• Problem:
Go through the entries, filter for the word "third", and copy every line that has it.

━━━━━━

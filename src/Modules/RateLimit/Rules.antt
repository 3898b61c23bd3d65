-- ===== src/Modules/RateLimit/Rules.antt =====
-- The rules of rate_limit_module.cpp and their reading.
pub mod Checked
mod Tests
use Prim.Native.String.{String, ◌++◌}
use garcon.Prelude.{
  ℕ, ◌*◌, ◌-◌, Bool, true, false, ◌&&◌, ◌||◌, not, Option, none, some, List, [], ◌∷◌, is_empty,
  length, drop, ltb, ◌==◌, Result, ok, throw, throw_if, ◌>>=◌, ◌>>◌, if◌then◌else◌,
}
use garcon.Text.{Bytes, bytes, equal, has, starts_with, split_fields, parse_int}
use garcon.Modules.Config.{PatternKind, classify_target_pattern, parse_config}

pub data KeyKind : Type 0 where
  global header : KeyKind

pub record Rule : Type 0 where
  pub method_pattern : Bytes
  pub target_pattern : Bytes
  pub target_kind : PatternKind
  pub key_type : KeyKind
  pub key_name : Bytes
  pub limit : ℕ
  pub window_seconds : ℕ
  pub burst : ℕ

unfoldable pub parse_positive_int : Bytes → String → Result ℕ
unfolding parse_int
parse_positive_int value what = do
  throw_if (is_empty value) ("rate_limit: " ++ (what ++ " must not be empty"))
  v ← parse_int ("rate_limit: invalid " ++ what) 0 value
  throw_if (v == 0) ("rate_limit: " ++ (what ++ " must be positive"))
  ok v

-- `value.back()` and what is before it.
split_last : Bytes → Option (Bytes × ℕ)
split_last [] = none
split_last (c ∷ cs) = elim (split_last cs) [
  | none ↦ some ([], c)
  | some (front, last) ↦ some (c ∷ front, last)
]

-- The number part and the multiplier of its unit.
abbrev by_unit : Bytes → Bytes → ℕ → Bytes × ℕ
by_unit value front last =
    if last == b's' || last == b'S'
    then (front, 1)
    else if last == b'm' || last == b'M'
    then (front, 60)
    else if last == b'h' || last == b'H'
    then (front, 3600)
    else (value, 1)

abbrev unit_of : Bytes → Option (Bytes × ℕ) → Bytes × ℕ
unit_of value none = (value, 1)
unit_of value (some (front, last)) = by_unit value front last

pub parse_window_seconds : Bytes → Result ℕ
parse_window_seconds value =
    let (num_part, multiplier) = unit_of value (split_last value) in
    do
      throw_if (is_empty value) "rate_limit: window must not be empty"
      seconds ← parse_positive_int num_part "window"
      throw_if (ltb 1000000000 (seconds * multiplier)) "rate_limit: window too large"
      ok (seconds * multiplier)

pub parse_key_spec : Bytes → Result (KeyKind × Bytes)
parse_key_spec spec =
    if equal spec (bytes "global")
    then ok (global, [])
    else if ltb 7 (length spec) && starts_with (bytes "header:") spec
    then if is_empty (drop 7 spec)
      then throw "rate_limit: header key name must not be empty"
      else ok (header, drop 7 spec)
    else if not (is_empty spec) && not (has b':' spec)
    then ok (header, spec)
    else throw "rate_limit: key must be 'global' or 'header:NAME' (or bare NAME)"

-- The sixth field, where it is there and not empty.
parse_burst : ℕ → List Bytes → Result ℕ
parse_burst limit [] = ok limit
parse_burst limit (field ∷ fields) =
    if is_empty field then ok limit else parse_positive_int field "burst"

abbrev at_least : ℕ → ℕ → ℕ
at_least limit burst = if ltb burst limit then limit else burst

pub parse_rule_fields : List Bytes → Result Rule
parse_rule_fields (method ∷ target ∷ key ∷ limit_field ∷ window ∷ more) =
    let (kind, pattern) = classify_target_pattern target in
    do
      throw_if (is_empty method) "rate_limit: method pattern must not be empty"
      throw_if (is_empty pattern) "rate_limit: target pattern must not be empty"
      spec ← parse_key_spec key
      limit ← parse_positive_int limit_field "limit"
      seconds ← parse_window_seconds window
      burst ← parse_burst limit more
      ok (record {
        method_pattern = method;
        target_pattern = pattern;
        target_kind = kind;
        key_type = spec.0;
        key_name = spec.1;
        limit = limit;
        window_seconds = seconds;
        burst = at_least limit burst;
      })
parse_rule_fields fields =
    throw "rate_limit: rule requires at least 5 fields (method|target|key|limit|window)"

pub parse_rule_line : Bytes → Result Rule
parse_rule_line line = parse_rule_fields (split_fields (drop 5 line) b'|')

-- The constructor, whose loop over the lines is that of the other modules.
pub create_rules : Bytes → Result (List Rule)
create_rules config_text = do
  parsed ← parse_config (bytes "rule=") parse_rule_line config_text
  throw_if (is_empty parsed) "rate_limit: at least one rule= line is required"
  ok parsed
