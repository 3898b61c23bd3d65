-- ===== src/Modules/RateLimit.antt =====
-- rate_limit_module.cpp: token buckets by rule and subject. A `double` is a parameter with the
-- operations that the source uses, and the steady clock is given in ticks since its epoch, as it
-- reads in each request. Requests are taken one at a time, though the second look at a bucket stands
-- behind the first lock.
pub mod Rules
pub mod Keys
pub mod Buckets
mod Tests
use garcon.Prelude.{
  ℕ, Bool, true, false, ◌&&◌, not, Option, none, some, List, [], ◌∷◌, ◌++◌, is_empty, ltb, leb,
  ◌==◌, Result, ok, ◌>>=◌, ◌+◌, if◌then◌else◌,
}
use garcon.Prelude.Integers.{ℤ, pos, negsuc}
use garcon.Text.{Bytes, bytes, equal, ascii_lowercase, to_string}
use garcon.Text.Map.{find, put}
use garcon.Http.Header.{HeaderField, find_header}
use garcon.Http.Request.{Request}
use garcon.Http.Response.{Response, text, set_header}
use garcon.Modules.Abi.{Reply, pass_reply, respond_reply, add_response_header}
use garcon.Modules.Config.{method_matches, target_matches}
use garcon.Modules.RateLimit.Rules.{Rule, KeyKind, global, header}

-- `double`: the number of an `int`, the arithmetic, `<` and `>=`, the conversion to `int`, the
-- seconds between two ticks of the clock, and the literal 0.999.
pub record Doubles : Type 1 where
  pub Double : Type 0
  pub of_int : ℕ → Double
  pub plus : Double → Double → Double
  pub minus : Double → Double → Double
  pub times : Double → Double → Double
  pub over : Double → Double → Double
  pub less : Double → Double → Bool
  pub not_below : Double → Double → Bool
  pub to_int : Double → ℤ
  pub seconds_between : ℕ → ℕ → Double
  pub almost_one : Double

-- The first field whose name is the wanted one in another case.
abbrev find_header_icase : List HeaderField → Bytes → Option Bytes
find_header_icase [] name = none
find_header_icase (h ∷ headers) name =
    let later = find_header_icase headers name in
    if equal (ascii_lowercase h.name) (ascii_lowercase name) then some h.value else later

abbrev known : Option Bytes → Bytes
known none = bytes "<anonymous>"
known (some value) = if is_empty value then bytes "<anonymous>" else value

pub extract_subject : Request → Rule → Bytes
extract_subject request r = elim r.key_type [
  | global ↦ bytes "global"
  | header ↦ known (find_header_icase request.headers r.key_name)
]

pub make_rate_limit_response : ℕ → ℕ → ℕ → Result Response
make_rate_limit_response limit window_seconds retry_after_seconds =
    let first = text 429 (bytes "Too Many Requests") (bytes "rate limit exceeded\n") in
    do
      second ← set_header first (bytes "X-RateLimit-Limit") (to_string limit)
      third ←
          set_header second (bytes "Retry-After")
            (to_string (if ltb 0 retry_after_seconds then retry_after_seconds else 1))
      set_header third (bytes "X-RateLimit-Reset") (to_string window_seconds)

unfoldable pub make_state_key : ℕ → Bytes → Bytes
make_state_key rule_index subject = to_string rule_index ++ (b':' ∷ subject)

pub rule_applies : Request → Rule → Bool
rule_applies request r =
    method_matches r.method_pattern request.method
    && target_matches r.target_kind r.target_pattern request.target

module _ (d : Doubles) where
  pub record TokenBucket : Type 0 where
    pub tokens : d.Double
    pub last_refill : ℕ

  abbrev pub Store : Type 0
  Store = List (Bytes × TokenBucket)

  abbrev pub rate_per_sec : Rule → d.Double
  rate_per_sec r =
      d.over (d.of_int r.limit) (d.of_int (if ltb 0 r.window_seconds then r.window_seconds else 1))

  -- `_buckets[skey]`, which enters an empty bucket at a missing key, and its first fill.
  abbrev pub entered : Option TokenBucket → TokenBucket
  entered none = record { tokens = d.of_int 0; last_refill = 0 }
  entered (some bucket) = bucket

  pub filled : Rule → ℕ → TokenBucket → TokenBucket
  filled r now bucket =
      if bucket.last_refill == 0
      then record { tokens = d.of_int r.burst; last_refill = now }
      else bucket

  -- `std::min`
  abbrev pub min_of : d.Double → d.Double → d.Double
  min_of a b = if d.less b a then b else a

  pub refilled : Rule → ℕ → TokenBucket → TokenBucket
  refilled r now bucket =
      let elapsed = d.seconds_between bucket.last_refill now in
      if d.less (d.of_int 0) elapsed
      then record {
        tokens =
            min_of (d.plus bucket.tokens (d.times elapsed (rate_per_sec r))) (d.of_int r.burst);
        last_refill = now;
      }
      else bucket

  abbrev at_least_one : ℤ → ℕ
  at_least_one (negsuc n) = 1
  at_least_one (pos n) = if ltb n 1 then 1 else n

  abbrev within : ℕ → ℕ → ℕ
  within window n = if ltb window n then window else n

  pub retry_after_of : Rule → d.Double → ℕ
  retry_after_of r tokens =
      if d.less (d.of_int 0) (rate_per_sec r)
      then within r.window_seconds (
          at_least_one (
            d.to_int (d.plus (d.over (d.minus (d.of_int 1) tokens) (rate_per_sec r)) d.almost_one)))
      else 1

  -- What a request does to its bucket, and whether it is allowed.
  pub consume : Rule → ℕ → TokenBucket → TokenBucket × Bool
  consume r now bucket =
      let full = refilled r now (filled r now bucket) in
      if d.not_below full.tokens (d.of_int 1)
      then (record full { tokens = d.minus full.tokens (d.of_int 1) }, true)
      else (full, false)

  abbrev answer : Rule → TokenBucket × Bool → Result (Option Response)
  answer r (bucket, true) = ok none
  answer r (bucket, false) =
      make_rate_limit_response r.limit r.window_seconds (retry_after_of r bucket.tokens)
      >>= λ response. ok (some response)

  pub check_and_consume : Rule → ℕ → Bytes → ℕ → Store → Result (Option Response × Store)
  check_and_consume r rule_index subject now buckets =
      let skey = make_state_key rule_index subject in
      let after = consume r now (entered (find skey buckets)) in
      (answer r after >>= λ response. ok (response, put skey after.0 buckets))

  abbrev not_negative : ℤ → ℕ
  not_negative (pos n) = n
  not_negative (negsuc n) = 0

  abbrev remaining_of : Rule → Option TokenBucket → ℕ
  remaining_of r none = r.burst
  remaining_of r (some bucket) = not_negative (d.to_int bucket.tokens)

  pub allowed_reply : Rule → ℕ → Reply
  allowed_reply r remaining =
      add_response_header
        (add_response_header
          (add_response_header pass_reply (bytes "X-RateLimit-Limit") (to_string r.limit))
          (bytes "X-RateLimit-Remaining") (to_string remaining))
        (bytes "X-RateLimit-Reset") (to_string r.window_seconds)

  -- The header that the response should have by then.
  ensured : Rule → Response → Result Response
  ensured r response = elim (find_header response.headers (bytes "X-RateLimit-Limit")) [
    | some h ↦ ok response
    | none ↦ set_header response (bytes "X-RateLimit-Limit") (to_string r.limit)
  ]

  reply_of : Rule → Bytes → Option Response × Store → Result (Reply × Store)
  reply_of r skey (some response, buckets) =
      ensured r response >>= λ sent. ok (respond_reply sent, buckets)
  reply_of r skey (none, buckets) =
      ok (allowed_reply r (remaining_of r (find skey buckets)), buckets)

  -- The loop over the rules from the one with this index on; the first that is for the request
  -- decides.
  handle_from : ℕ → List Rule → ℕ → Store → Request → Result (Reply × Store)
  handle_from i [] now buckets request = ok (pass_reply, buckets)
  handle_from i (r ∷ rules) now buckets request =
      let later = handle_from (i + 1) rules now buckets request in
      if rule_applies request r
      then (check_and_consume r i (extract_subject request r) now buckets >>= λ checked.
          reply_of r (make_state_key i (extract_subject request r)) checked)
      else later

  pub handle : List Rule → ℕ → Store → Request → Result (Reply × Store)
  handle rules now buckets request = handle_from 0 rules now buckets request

━━━━━━

• Solution:
      third ←
      set_header third (bytes "X-RateLimit-Reset") (to_string window_seconds)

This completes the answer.